Description of the task » Check each line of the entries below for the word "parts", and copy the lines that have it.
==== Extracted records
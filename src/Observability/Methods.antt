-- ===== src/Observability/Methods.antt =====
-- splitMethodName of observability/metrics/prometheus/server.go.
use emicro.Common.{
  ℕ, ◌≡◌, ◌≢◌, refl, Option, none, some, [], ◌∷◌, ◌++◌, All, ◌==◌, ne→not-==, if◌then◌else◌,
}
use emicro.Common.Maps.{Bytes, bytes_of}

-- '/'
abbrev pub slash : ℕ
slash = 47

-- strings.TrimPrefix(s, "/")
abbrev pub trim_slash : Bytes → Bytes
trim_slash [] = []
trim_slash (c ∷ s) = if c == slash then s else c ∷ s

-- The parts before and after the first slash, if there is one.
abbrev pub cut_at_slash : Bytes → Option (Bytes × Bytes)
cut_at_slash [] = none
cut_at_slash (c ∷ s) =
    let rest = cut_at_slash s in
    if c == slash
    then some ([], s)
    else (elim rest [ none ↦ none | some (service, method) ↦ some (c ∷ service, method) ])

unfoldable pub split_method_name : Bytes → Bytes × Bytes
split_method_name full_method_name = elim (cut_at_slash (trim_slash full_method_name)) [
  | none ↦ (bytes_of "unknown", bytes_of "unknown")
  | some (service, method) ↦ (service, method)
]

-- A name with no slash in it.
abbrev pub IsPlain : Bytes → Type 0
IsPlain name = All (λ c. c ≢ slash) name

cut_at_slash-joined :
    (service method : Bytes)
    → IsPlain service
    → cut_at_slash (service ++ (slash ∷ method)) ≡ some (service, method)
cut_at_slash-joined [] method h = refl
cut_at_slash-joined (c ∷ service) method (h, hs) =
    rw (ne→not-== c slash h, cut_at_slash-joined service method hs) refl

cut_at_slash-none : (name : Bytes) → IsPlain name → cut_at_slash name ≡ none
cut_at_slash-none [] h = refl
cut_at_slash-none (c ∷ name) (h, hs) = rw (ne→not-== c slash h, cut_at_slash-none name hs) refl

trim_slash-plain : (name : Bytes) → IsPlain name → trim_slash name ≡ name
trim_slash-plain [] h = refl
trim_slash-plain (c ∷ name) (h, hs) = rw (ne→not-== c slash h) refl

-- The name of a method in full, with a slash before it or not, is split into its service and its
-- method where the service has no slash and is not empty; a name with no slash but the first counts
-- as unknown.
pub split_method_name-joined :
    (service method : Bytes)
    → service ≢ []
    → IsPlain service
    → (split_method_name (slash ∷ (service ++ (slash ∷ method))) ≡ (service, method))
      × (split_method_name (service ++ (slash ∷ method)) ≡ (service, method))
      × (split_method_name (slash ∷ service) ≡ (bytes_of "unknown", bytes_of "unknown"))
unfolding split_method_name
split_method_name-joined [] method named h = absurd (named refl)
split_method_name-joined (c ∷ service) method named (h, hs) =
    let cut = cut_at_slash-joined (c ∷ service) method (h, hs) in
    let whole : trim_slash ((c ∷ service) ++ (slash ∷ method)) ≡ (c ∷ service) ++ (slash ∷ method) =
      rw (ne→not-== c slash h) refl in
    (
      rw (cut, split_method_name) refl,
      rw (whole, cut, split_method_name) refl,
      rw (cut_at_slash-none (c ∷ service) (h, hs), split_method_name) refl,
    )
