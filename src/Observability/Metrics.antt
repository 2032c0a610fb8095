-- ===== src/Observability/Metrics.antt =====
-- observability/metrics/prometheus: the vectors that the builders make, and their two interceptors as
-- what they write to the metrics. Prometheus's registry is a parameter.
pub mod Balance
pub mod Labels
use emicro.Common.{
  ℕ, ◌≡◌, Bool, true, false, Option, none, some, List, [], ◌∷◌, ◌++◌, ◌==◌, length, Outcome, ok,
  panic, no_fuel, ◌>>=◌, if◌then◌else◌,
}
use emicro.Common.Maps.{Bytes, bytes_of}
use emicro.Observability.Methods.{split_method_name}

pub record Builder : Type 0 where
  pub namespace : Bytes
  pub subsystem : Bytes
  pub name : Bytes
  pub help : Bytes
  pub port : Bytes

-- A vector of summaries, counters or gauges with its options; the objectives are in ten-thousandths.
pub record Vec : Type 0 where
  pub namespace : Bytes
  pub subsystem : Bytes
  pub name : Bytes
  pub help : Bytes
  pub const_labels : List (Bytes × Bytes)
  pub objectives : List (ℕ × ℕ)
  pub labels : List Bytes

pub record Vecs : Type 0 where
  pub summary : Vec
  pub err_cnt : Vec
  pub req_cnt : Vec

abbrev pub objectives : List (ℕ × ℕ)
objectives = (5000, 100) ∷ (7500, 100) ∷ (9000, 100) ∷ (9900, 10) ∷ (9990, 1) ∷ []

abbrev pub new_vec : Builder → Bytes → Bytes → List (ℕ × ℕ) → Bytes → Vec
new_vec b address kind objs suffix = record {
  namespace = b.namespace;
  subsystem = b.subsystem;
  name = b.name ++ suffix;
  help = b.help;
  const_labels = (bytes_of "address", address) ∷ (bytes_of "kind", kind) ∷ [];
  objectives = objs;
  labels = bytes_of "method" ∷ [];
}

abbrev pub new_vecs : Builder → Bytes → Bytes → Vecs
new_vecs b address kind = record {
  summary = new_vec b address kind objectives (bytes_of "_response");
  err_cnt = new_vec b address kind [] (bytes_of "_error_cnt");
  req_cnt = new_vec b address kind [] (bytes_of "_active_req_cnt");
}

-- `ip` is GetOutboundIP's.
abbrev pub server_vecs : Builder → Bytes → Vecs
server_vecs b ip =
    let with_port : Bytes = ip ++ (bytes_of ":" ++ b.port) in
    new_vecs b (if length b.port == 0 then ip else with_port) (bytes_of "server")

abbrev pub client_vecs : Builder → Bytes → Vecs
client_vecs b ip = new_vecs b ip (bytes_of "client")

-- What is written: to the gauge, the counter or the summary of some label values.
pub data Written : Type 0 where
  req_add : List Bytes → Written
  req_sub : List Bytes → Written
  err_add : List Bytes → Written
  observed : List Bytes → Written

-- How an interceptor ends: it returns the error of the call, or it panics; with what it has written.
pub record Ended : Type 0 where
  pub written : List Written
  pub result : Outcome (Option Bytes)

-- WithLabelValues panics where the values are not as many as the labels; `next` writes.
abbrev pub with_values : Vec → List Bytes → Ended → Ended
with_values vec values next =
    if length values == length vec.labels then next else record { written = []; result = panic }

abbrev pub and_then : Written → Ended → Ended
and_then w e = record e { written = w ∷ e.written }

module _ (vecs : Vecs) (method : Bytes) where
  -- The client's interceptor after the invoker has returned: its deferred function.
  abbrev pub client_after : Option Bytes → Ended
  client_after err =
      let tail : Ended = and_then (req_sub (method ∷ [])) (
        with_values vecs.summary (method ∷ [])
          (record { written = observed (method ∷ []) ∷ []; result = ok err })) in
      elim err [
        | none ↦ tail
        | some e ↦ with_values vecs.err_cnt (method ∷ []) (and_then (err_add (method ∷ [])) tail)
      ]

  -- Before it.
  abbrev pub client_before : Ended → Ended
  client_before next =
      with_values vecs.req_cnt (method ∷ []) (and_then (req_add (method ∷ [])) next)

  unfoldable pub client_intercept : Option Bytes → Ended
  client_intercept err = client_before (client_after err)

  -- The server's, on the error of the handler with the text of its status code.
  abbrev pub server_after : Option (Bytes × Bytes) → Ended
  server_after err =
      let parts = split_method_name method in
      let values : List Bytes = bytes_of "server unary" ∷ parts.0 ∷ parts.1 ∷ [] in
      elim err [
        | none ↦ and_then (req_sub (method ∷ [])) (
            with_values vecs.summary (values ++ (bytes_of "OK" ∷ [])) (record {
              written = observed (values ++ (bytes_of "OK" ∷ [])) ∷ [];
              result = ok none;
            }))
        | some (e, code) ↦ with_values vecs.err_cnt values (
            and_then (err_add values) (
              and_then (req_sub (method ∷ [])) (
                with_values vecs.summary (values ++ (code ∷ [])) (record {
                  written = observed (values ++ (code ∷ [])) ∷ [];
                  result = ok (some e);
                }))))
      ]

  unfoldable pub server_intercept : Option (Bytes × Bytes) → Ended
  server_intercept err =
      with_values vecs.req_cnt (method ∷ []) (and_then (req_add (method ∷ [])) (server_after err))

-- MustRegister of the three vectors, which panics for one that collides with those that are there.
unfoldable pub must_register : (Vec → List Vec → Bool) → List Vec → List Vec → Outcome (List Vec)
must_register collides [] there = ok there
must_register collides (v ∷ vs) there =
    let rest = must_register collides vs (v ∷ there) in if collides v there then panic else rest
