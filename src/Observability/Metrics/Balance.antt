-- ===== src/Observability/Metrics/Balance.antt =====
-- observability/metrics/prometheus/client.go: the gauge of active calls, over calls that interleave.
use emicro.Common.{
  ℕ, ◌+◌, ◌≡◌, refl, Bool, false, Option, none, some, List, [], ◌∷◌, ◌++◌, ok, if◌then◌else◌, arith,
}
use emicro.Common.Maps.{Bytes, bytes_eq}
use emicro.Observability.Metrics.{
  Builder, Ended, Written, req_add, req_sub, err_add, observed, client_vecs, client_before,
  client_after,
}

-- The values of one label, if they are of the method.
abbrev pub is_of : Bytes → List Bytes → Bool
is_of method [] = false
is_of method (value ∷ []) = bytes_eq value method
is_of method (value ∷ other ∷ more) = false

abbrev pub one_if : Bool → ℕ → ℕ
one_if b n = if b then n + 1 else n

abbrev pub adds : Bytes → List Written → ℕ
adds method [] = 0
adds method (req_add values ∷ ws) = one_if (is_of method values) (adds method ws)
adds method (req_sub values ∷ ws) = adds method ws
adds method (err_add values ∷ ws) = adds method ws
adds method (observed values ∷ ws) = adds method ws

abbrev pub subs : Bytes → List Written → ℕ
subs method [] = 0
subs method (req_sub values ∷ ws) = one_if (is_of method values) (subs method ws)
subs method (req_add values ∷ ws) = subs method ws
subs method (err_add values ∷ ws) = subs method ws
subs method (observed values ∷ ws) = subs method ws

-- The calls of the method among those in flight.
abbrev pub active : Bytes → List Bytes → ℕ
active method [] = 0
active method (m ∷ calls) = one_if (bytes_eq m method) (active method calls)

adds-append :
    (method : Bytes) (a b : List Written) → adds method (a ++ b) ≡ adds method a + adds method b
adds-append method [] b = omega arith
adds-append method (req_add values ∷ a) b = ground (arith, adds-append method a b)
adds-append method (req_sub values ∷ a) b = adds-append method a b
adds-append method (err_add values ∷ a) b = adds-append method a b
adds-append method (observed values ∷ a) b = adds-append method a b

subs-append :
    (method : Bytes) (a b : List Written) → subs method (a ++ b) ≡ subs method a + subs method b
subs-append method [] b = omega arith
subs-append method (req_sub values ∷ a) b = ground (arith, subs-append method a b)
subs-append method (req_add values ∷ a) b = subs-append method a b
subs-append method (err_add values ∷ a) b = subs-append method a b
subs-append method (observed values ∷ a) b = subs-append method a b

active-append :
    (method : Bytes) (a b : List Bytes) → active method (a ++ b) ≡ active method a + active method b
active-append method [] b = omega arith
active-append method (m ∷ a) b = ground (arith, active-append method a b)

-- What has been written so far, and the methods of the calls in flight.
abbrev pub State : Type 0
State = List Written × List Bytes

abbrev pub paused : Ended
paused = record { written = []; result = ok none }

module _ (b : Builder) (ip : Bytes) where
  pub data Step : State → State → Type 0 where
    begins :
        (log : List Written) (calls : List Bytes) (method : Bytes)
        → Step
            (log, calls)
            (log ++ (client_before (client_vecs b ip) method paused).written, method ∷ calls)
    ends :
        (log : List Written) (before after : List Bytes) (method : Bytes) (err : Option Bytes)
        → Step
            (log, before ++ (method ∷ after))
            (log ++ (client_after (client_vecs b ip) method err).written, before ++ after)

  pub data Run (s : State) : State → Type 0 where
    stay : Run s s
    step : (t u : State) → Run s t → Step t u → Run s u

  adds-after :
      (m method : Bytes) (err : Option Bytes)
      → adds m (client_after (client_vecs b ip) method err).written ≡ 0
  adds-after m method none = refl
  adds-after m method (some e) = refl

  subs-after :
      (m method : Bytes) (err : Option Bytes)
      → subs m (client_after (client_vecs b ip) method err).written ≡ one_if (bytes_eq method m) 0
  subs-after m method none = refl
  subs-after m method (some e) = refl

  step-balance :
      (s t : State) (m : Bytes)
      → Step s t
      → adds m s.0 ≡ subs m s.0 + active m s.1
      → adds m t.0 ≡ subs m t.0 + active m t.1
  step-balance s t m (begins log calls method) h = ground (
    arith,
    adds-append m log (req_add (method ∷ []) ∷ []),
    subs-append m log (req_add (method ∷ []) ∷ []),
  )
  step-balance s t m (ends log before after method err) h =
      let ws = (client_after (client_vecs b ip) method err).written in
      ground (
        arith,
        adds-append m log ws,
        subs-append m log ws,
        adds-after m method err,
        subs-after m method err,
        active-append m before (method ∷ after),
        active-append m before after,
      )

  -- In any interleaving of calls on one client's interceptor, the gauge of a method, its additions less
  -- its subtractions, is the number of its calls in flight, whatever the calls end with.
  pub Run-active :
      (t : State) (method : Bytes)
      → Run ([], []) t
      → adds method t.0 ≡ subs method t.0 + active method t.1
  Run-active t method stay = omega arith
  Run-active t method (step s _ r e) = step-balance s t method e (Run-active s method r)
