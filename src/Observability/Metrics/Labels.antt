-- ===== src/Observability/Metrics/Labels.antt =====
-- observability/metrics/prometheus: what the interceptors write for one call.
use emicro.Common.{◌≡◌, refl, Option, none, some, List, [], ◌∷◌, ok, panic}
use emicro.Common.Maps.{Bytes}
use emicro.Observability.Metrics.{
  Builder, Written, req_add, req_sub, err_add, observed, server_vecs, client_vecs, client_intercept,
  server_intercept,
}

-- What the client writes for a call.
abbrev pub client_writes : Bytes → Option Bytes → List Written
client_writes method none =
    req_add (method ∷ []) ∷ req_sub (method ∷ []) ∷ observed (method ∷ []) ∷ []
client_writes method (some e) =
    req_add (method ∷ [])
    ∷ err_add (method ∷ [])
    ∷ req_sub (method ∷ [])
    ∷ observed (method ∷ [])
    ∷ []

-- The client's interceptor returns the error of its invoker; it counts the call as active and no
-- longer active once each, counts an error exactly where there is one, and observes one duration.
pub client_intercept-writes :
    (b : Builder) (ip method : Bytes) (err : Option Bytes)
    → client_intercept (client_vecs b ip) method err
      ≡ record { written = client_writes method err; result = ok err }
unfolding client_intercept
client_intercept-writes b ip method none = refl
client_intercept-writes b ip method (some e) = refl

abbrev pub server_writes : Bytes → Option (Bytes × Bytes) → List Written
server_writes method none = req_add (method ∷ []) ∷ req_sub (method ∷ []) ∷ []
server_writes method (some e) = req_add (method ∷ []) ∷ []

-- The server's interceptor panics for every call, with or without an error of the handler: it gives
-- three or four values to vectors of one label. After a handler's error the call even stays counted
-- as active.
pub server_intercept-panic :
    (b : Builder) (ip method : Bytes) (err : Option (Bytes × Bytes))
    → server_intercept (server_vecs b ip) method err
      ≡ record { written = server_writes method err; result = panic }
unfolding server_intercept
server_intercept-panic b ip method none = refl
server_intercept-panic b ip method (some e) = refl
========
Task response »
-- The parts before and after the first slash, if there is one.
      let parts = split_method_name method in
      let values : List Bytes = bytes_of "server unary" ∷ parts.0 ∷ parts.1 ∷ [] in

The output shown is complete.